Jakarta – Pusat Pelaporan dan Analisis Transaksi Keuangan (PPATK) menemukan sejumlah fakta penyimpangan pada rekening pasif (dormant) yang sudah tidak digunakan. Temuan ini didapati dari hasil analisis maupun pemeriksaan PPATK.
Pertama, lebih dari 1 juta rekening diduga terkait dengan tindak pidana. Dari jumlah tersebut, sekitar 150 ribu rekening merupakan rekening nominee.
“Dari 1 juta rekening tersebut, terdapat lebih dari 150 ribu rekening adalah nominee. Di mana, rekening tersebut diperoleh dari aktivitas jual beli rekening, peretasan atau hal lainnya secara melawan hukum,” tulis keterangan resmi PPATK, Selasa, 29 Juli 2025.
Rekening-rekening tersebut kemudian digunakan untuk menampung dana hasil tindak pidana, yang kemudian menjadi tidak aktif atau dormant.

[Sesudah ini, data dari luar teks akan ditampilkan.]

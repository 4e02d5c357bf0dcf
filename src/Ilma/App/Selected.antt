-- ===== src/Ilma/App/Selected.antt =====
-- What is selected in the air mode, and where the map is sent.
use text.Mathlib.TextEquality.{eq_iff}
use fintraffic.Base.{
  ℕ, suc, ◌+◌, ◌≡◌, refl, ap, ◌∙◌, sym, Bool, true, false, List, [], ◌∷◌, Option, none, some, find,
  arith, length, str_eq, Bool-cases, inl, inr, String,
}
use fintraffic.Shared.Ids.{Text, chars, make_id}
use fintraffic.Ilma.Aircraft.{
  Aircraft, Airport, AircraftGroup, airline, general, rotorcraft, military,
}
use fintraffic.Ilma.App.{
  FocusRequest, Ilma, Event, Counts, counted, count_all, counts, polls, airports_come,
  selects_aircraft, selects_airport, searches_aircraft, searches_airport, clears,
  on_aircraft_update, select_aircraft, select_airport, search_aircraft, search_airport,
  clear_selection, reveal_detail, followed, or_prev, key_of, selection_key, aircraft_key,
  airport_key, next_seq, step, run,
}

module _ {A : Type 0} where
  -- What the events make of the sheet's key, when nothing else is known.
  abbrev pub keyed : Event A → Option Text → Option Text
  keyed (polls next) k = k
  keyed (airports_come next) k = k
  keyed (selects_aircraft mobile a) k = some (aircraft_key a)
  keyed (selects_airport mobile ap) k = some (airport_key ap)
  keyed (searches_aircraft mobile a) k = some (aircraft_key a)
  keyed (searches_airport mobile ap) k = some (airport_key ap)
  keyed clears k = none

  abbrev pub keyed_all : List (Event A) → Option Text → Option Text
  keyed_all [] k = k
  keyed_all (e ∷ es) k = keyed_all es (keyed e k)

  found-hex :
      (a : Aircraft A) (hex : String) (next : List (Aircraft A))
      → find (λ x. str_eq x.hex hex) next ≡ some a
      → a.hex ≡ hex
  found-hex a hex [] e = absurd (ground (arith, e))
  found-hex a hex (x ∷ next) e = elim (Bool-cases (str_eq x.hex hex)) [
    | inl at ↦
        let here : x ≡ a = ground (arith, at, e) in
        ap (λ y. y.hex) (sym here) ∙ (eq_iff x.hex hex).0 at
    | inr off ↦ found-hex a hex next (ground (arith, off, e))
  ]

  or_prev-hex :
      (prev : Aircraft A) (found : Option (Aircraft A))
      → ((a : Aircraft A) → found ≡ some a → a.hex ≡ prev.hex)
      → (or_prev prev found).hex ≡ prev.hex
  or_prev-hex prev none e = refl
  or_prev-hex prev (some a) e = e a refl

  followed-key :
      (next : List (Aircraft A)) (a : Option (Aircraft A)) (ap : Option (Airport A))
      → key_of (followed next a) ap ≡ key_of a ap
  followed-key next none ap = refl
  followed-key next (some prev) o =
      ap (λ hex. some (make_id (chars "aircraft") (chars hex)))
        (or_prev-hex prev (find (λ a. str_eq a.hex prev.hex) next)
          (λ a e. found-hex a prev.hex next e))

  step-key : (e : Event A) (s : Ilma A) → selection_key (step e s) ≡ keyed e (selection_key s)
  unfolding step selection_key on_aircraft_update select_aircraft select_airport search_aircraft
      search_airport clear_selection reveal_detail
  step-key (polls next) s = followed-key next s.selected_aircraft s.selected_airport
  step-key (airports_come next) s = refl
  step-key (selects_aircraft mobile a) s = refl
  step-key (selects_airport mobile ap) s = refl
  step-key (searches_aircraft mobile a) s = refl
  step-key (searches_airport mobile ap) s = refl
  step-key clears s = refl

  -- The key that the sheet follows is a function of the selections alone: through any events, the key
  -- of the state is the key that the selections and searches among them set last, none after a
  -- clear, and polls leave it as it is, also when they bring the selected aircraft anew or have lost
  -- it.
  pub run-key :
      (events : List (Event A)) (s : Ilma A)
      → selection_key (run events s) ≡ keyed_all events (selection_key s)
  unfolding run
  run-key [] s = refl
  run-key (e ∷ es) s = run-key es (step e s) ∙ ap (λ k. keyed_all es k) (step-key e s)

  -- At most one of the two is selected.
  abbrev pub one_of : Option (Aircraft A) → Option (Airport A) → Bool
  one_of none ap = true
  one_of (some a) none = true
  one_of (some a) (some ap) = false

  unfoldable pub is_exclusive : Ilma A → Bool
  is_exclusive s = one_of s.selected_aircraft s.selected_airport

  -- The number of the last request to the map.
  abbrev pub seq_of : Option (FocusRequest A) → ℕ
  seq_of none = 0
  seq_of (some f) = f.seq

  abbrev pub searches : List (Event A) → ℕ
  searches [] = 0
  searches (searches_aircraft mobile a ∷ es) = suc (searches es)
  searches (searches_airport mobile ap ∷ es) = suc (searches es)
  searches (_ ∷ es) = searches es

  followed-one :
      (next : List (Aircraft A)) (a : Option (Aircraft A)) (ap : Option (Airport A))
      → one_of a ap ≡ true
      → one_of (followed next a) ap ≡ true
  followed-one next none ap e = refl
  followed-one next (some a) none e = refl
  followed-one next (some a) (some ap) e = e

  step-exclusive :
      (e : Event A) (s : Ilma A) → is_exclusive s ≡ true → is_exclusive (step e s) ≡ true
  unfolding step is_exclusive on_aircraft_update select_aircraft select_airport search_aircraft
      search_airport clear_selection reveal_detail
  step-exclusive (polls next) s e = followed-one next s.selected_aircraft s.selected_airport e
  step-exclusive (airports_come next) s e = e
  step-exclusive (selects_aircraft mobile a) s e = refl
  step-exclusive (selects_airport mobile ap) s e = refl
  step-exclusive (searches_aircraft mobile a) s e = refl
  step-exclusive (searches_airport mobile ap) s e = refl
  step-exclusive clears s e = refl

  next-seq : (f : Option (FocusRequest A)) → next_seq f ≡ suc (seq_of f)
  next-seq none = refl
  next-seq (some f) = refl

  step-seq :
      (e : Event A) (es : List (Event A)) (s : Ilma A)
      → seq_of (step e s).focus + searches es ≡ seq_of s.focus + searches (e ∷ es)
  unfolding step on_aircraft_update select_aircraft select_airport search_aircraft search_airport
      clear_selection reveal_detail
  step-seq (polls next) es s = refl
  step-seq (airports_come next) es s = refl
  step-seq (selects_aircraft mobile a) es s = refl
  step-seq (selects_airport mobile ap) es s = refl
  step-seq (searches_aircraft mobile a) es s = ground (arith, next-seq s.focus)
  step-seq (searches_airport mobile ap) es s = ground (arith, next-seq s.focus)
  step-seq clears es s = refl

  -- Through any events, an aircraft and an airport are never selected at once if they were not at the
  -- start, and the number of the request to the map has grown by one for each pick of the search.
  pub run-exclusive :
      (events : List (Event A)) (s : Ilma A)
      → is_exclusive s ≡ true
      → (is_exclusive (run events s) ≡ true)
        × (seq_of (run events s).focus ≡ seq_of s.focus + searches events)
  unfolding run
  run-exclusive [] s e = (e, ground arith)
  run-exclusive (e ∷ es) s start =
      let later = run-exclusive es (step e s) (step-exclusive e s start) in
      (later.0, later.1 ∙ step-seq e es s)

abbrev pub total : Counts → ℕ
total c = c.airline + c.general + c.rotorcraft + c.military

total-counted : (g : AircraftGroup) (c : Counts) → total (counted g c) ≡ suc (total c)
total-counted airline c = ground arith
total-counted general c = ground arith
total-counted rotorcraft c = ground arith
total-counted military c = ground arith

total-count_all :
    {A : Type 0} (aircraft : List (Aircraft A)) (c : Counts)
    → total (count_all aircraft c) ≡ length aircraft + total c
unfolding count_all
total-count_all [] c = ground arith
total-count_all (a ∷ aircraft) c =
    let rest = total-count_all aircraft (counted a.group c) in
    let one = total-counted a.group c in ground (arith, rest, one)

-- The counts at the four chips add up to the number of aircraft of the answer.
counts-total :
    {A : Type 0} (aircraft : List (Aircraft A)) → total (counts aircraft) ≡ length aircraft
unfolding counts
counts-total aircraft = ground (
  arith,
  total-count_all aircraft (record { airline = 0; general = 0; rotorcraft = 0; military = 0 }),
)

Selain itu, lebih dari 50.000 rekening tercatat tidak memiliki aktivitas transaksi sebelum menerima aliran dana ilegal.
Baca juga: Bank Pasang Kuda-Kuda Hadapi Fraud Rekening Dormant
Fakta kedua, PPATK menemukan lebih dari 10 juta rekening penerima bantuan sosial (bansos) yang tidak pernah digunakan selama lebih dari 3 tahun, dengan nominal fantastis.

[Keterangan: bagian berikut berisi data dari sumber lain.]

-- ===== src/Ilma/App/Tests.antt =====
-- An aircraft is picked, lost by the receivers and found again, and then an airport is picked.
use fintraffic.Base.{◌≡◌, ◌+◌, refl, true, false, List, [], ◌∷◌, none, some, String}
use fintraffic.Base.Int.{ℤ, pos}
use fintraffic.Ilma.Aircraft.{Aircraft, Airport, airline, adsb}
use fintraffic.Ilma.App.{
  Ilma, Event, polls, searches_aircraft, searches_airport, airport_key, selection_key, step, run,
  on_aircraft_update, search_airport, search_aircraft, select_airport, select_aircraft,
  reveal_detail,
}
use fintraffic.Ilma.App.Selected.{is_exclusive, seq_of, searches, keyed_all, run-key, run-exclusive}

abbrev aircraft : String → Aircraft ℤ
aircraft hex = record {
  hex = hex;
  callsign = "FIN1";
  registration = none;
  type_code = none;
  type_name = none;
  airline_name = none;
  category = none;
  group = airline;
  latitude = pos 60_000;
  longitude = pos 25_000;
  altitude_ft = some (pos 30_000_000);
  on_ground = false;
  ground_speed_kt = some (pos 400_000);
  track = some (pos 90_000);
  vertical_rate_fpm = none;
  squawk = none;
  emergency = none;
  source = adsb;
  timestamp = pos 5_000_000;
}

abbrev airport : Airport ℤ
airport = record {
  icao = "EFHK";
  iata = none;
  name = "";
  latitude = pos 60_000;
  longitude = pos 24_000;
  elevation_ft = pos 0;
  scheduled = true;
}

abbrev initial : Ilma ℤ
initial = record {
  aircraft = [];
  airports = [];
  selected_aircraft = none;
  selected_airport = none;
  focus = none;
  is_filter_collapsed = true;
  is_detail_collapsed = false;
}

abbrev events : List (Event ℤ)
events =
    searches_aircraft true (aircraft "46b")
    ∷ polls []
    ∷ polls (aircraft "46b" ∷ [])
    ∷ searches_airport true airport
    ∷ []

keeps_airport : selection_key (run events initial) ≡ some (airport_key airport)
unfolding selection_key run step on_aircraft_update search_airport search_aircraft select_airport
    select_aircraft reveal_detail
keeps_airport = refl

run-key_example : selection_key (run events initial) ≡ keyed_all events (selection_key initial)
run-key_example = run-key events initial

run-exclusive_example :
    (is_exclusive (run events initial) ≡ true)
    × (seq_of (run events initial).focus ≡ 0 + searches events)
unfolding is_exclusive
run-exclusive_example = run-exclusive events initial refl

“Dana bansos sebesar Rp2,1 triliun hanya mengendap, dari sini terlihat ada indikasi bahwa penyaluran belum tepat sasaran,” jelas keterangan PPATK.

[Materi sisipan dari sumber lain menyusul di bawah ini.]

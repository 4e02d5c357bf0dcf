-- ===== src/Ilma/Flight.antt =====
-- Aircraft in flight: components/Map.tsx of Ilma, where an aircraft is between two polls, and the
-- selected one with its trail.
pub mod Projected
pub mod Trail
mod Tests
use fintraffic.Base.{
  ℕ, Bool, true, false, ◌||◌, List, [], ◌∷◌, ◌++◌, Option, none, some, String, if◌then◌else◌, map,
  str_eq,
}
use fintraffic.Base.Number.{Number, maximum, minimum}
use fintraffic.Shared.Geo.{Trig, dead_reckon}
use fintraffic.Ilma.Aircraft.{Aircraft}

pub record TrailPoint (A : Type 0) : Type 0 where
  pub latitude : A
  pub longitude : A
  pub altitude_ft : Option A
  pub timestamp : A

-- `[lng, lat]`.
abbrev pub Position : Type 0 → Type 0
Position A = A × A

-- One piece of the trail, with the altitude it was flown at.
pub record Segment (A : Type 0) : Type 0 where
  pub start : Position A
  pub finish : Position A
  pub alt : A

pub record Coord (A : Type 0) : Type 0 where
  pub place : Position A
  pub alt : A

abbrev pub or_value {ℓ} : {A : Type ℓ} → Option A → A → A
or_value none a = a
or_value (some b) a = b

module _ {A : Type 0} (n : Number A) where
  open n use {of_ℕ, add, sub, div, lt}

  -- `MAX_PROJECT_S`.
  abbrev pub max_project_s : A
  max_project_s = of_ℕ 30

  -- The seconds since the fix, not below zero nor above the limit.
  abbrev pub project_seconds : Aircraft A → A → A
  project_seconds a now =
      minimum n (maximum n (div (sub now a.timestamp) (of_ℕ 1000)) (of_ℕ 0)) max_project_s

  abbrev pub coord_of : TrailPoint A → Coord A
  coord_of p = record { place = (p.longitude, p.latitude); alt = or_value p.altitude_ft (of_ℕ 0) }

  -- `coords.at(-1)?.alt ?? 0`.
  abbrev pub last_alt : List (Coord A) → A
  last_alt [] = of_ℕ 0
  last_alt (c ∷ []) = c.alt
  last_alt (c ∷ (d ∷ coords)) = last_alt (d ∷ coords)

  -- The recorded points, closed by the live position if there is one.
  abbrev pub closed : List (Coord A) → Option (Position A × Option A) → List (Coord A)
  closed coords none = coords
  closed coords (some (place, altitude)) =
      coords ++ (record { place = place; alt = or_value altitude (last_alt coords) } ∷ [])

  -- A piece from each of the points to the next.
  unfoldable pub pieces : Coord A → List (Coord A) → List (Segment A)
  pieces c [] = []
  pieces c (d ∷ coords) =
      record { start = c.place; finish = d.place; alt = div (add c.alt d.alt) (of_ℕ 2) }
      ∷ pieces d coords

  abbrev pub pieces_of : List (Coord A) → List (Segment A)
  pieces_of [] = []
  pieces_of (c ∷ coords) = pieces c coords

  unfoldable pub to_trail : List (TrailPoint A) → Option (Position A × Option A) → List (Segment A)
  unfolding pieces
  to_trail points live = pieces_of (closed (map coord_of points) live)

module _ {A : Type 0} (n : Number A) (trig : Trig A) where
  open n use {of_ℕ, lt}

  abbrev pub reported : Aircraft A → Position A
  reported a = (a.longitude, a.latitude)

  abbrev pub projected : Aircraft A → A → Option A → Option A → Position A
  projected a now none track = reported a
  projected a now (some speed) none = reported a
  projected a now (some speed) (some track) =
      if lt speed (of_ℕ 1)
      then reported a
      else let p =
          dead_reckon n trig a.latitude a.longitude speed track (project_seconds n a now) in
        (p.lng, p.lat)

  unfoldable pub live_position : Aircraft A → A → Position A
  unfolding dead_reckon
  live_position a now = projected a now a.ground_speed_kt a.track

-- `aircraftRef`, `trailRef`, `selectedRef` and `clockOffsetRef`.
pub record Flight (A : Type 0) : Type 0 where
  pub aircraft : List (Aircraft A)
  pub trail : List (TrailPoint A)
  pub selected : Option String
  pub clock_offset : A

-- A new selection; the answer to `fetchTrail` for the aircraft that was selected when it was asked;
-- a snapshot of the time `time` at `now`.
pub data Event (A : Type 0) : Type 0 where
  selects : Option String → Event A
  trail_answers : String → List (TrailPoint A) → Event A
  polls : A → A → List (Aircraft A) → Event A

abbrev pub is_selected : Option String → String → Bool
is_selected none hex = false
is_selected (some selected) hex = str_eq selected hex

-- `aircraftByHex.current.get(hex)`: of two entries the later one counts.
unfoldable pub get {ℓ} : {A : Type ℓ} → (A → String) → String → List A → Option A
get key hex [] = none
get key hex (a ∷ aircraft) = elim (get key hex aircraft) [
  | none ↦ if str_eq (key a) hex then some a else none
  | some b ↦ some b
]

module _ {A : Type 0} (n : Number A) (trig : Trig A) where
  open n use {of_ℕ, add, sub}

  unfoldable pub step : Flight A → Event A → Flight A
  step s (selects hex) = record s { selected = hex; trail = [] }
  step s (trail_answers hex points) =
      if is_selected s.selected hex then record s { trail = points } else s
  step s (polls time now aircraft) = record s { aircraft = aircraft; clock_offset = sub time now }

  unfoldable pub run : Flight A → List (Event A) → Flight A
  unfolding step
  run s [] = s
  run s (e ∷ es) = run (step s e) es

  abbrev pub live_end : A → Option (Aircraft A) → Option (Position A × Option A)
  live_end now none = none
  live_end now (some a) =
      some (live_position n trig a now, if a.on_ground then some (of_ℕ 0) else a.altitude_ft)

  abbrev pub drawn_for :
      A → List (TrailPoint A) → List (Aircraft A) → Option String → List (Segment A)
  drawn_for now trail aircraft none = []
  drawn_for now trail aircraft (some hex) =
      to_trail n trail (live_end now (get (λ (a : Aircraft A). a.hex) hex aircraft))

  -- The trail that `render` draws at a time of the visitor's clock.
  unfoldable pub drawn_trail : Flight A → A → List (Segment A)
  unfolding to_trail get live_position
  drawn_trail s clock = drawn_for (add clock s.clock_offset) s.trail s.aircraft s.selected
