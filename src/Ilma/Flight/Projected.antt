-- ===== src/Ilma/Flight/Projected.antt =====
-- How far an aircraft is projected.
use fintraffic.Base.{◌≡◌, refl, true, Option, none, some, arith, Bool-cases, ◌⊎◌, inl, inr}
use fintraffic.Base.Number.{Number, IsOrdered, IsRounded, maximum, minimum}
use fintraffic.Shared.Geo.{Trig, dead_reckon}
use fintraffic.Ilma.Aircraft.{Aircraft}
use fintraffic.Ilma.Flight.{
  Position, reported, projected, project_seconds, live_position, max_project_s,
}

module _ {A : Type 0} (n : Number A) (order : IsOrdered n) where
  le-maximum : (x y : A) → n.le y (maximum n x y) ≡ true
  le-maximum x y = elim (Bool-cases (n.lt x y)) [
    | inl below ↦ rw (below, maximum) (order.le_refl y)
    | inr above ↦ rw (above, maximum) (ground (arith, order.lt_not_le x y, above))
  ]

  minimum-le : (x y : A) → n.le (minimum n x y) y ≡ true
  minimum-le x y = elim (Bool-cases (n.lt y x)) [
    | inl above ↦ rw (above, minimum) (order.le_refl y)
    | inr below ↦ rw (below, minimum) (ground (arith, order.lt_not_le y x, below))
  ]

  le-minimum : (z x y : A) → n.le z x ≡ true → n.le z y ≡ true → n.le z (minimum n x y) ≡ true
  le-minimum z x y e f = elim (Bool-cases (n.lt y x)) [
    | inl above ↦ rw (above, minimum) f
    | inr below ↦ rw (below, minimum) e
  ]

module _ {A : Type 0} (n : Number A) (order : IsOrdered n) (rounded : IsRounded n)
    (trig : Trig A) where
  -- Dead reckoning from the fix for a time of zero to thirty seconds.
  abbrev pub IsReckoned : Aircraft A → A → A → Position A → Type 0
  IsReckoned a speed track p =
      (dt : A) × (n.le (n.of_ℕ 0) dt ≡ true)
      × (n.le dt (n.of_ℕ 30) ≡ true)
      × (p ≡ (
        (dead_reckon n trig a.latitude a.longitude speed track dt).lng,
        (dead_reckon n trig a.latitude a.longitude speed track dt).lat,
      ))

  projected-bounds :
      (a : Aircraft A) (now : A) (speed track : Option A)
      → (projected n trig a now speed track ≡ reported n trig a)
        ⊎ ((v : A) × (course : A) × (speed ≡ some v)
            × (track ≡ some course)
            × IsReckoned a v course (projected n trig a now speed track))
  projected-bounds a now none track = inl refl
  projected-bounds a now (some v) none = inl refl
  projected-bounds a now (some v) (some course) = elim (Bool-cases (n.lt v (n.of_ℕ 1))) [
    | inl slow ↦ inl (rw slow refl)
    | inr moving ↦ inr (
      v,
      course,
      refl,
      refl,
      (
        project_seconds n a now,
        le-minimum n order (n.of_ℕ 0) _ (max_project_s n) (le-maximum n order _ (n.of_ℕ 0))
            (rounded.of_ℕ_mono 0 30 (omega arith)),
        minimum-le n order _ (max_project_s n),
        rw moving refl,
      ),
    )
  ]

  -- An aircraft is shown where it reported to be, or, if it reports a speed and a track, where dead
  -- reckoning along them takes it in some time of no less than zero and no more than thirty seconds,
  -- however old the fix is and whatever the clocks say.
  pub live_position-bounds :
      (a : Aircraft A) (now : A)
      → (live_position n trig a now ≡ reported n trig a)
        ⊎ ((v : A) × (course : A) × (a.ground_speed_kt ≡ some v)
            × (a.track ≡ some course)
            × IsReckoned a v course (live_position n trig a now))
  unfolding live_position
  live_position-bounds a now = projected-bounds a now a.ground_speed_kt a.track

Fakta terakhir, PPATK juga menemukan lebih dari 2.000 rekening milik instansi pemerintah dan bendahara pengeluaran yang dinyatakan dormant, dengan total dana mencapai Rp500 miliar. Padahal secara fungsi, rekening-rekening ini seharusnya aktif dan terpantau.
“Hal ini jika didiamkan akan memberikan dampak buruk bagi ekonomi Indonesia, serta merugikan kepentingan pemilik sah dari rekening tersebut,” jelas PPATK.
Baca juga: Begini Respons Permata Bank Soal Pemblokiran Rekening Dormant
Atas berbagai temuan tersebut, PPATK memutuskan untuk menghentikan sementara transaksi pada rekening dormant. Teranyar, PPATK menemukan sekitar 140 ribu rekening dormant hingga lebih dari 10 tahun, dengan nilai Rp428 miliar tanpa ada pembaruan data nasabah.
“Ini membuka celah besar untuk praktik pencucian uang dan kejahatan lainnya, yang akan merugikan kepentingan masyarakat atau bahkan perekonomian Indonesia secara umum,” ungkap PPATK.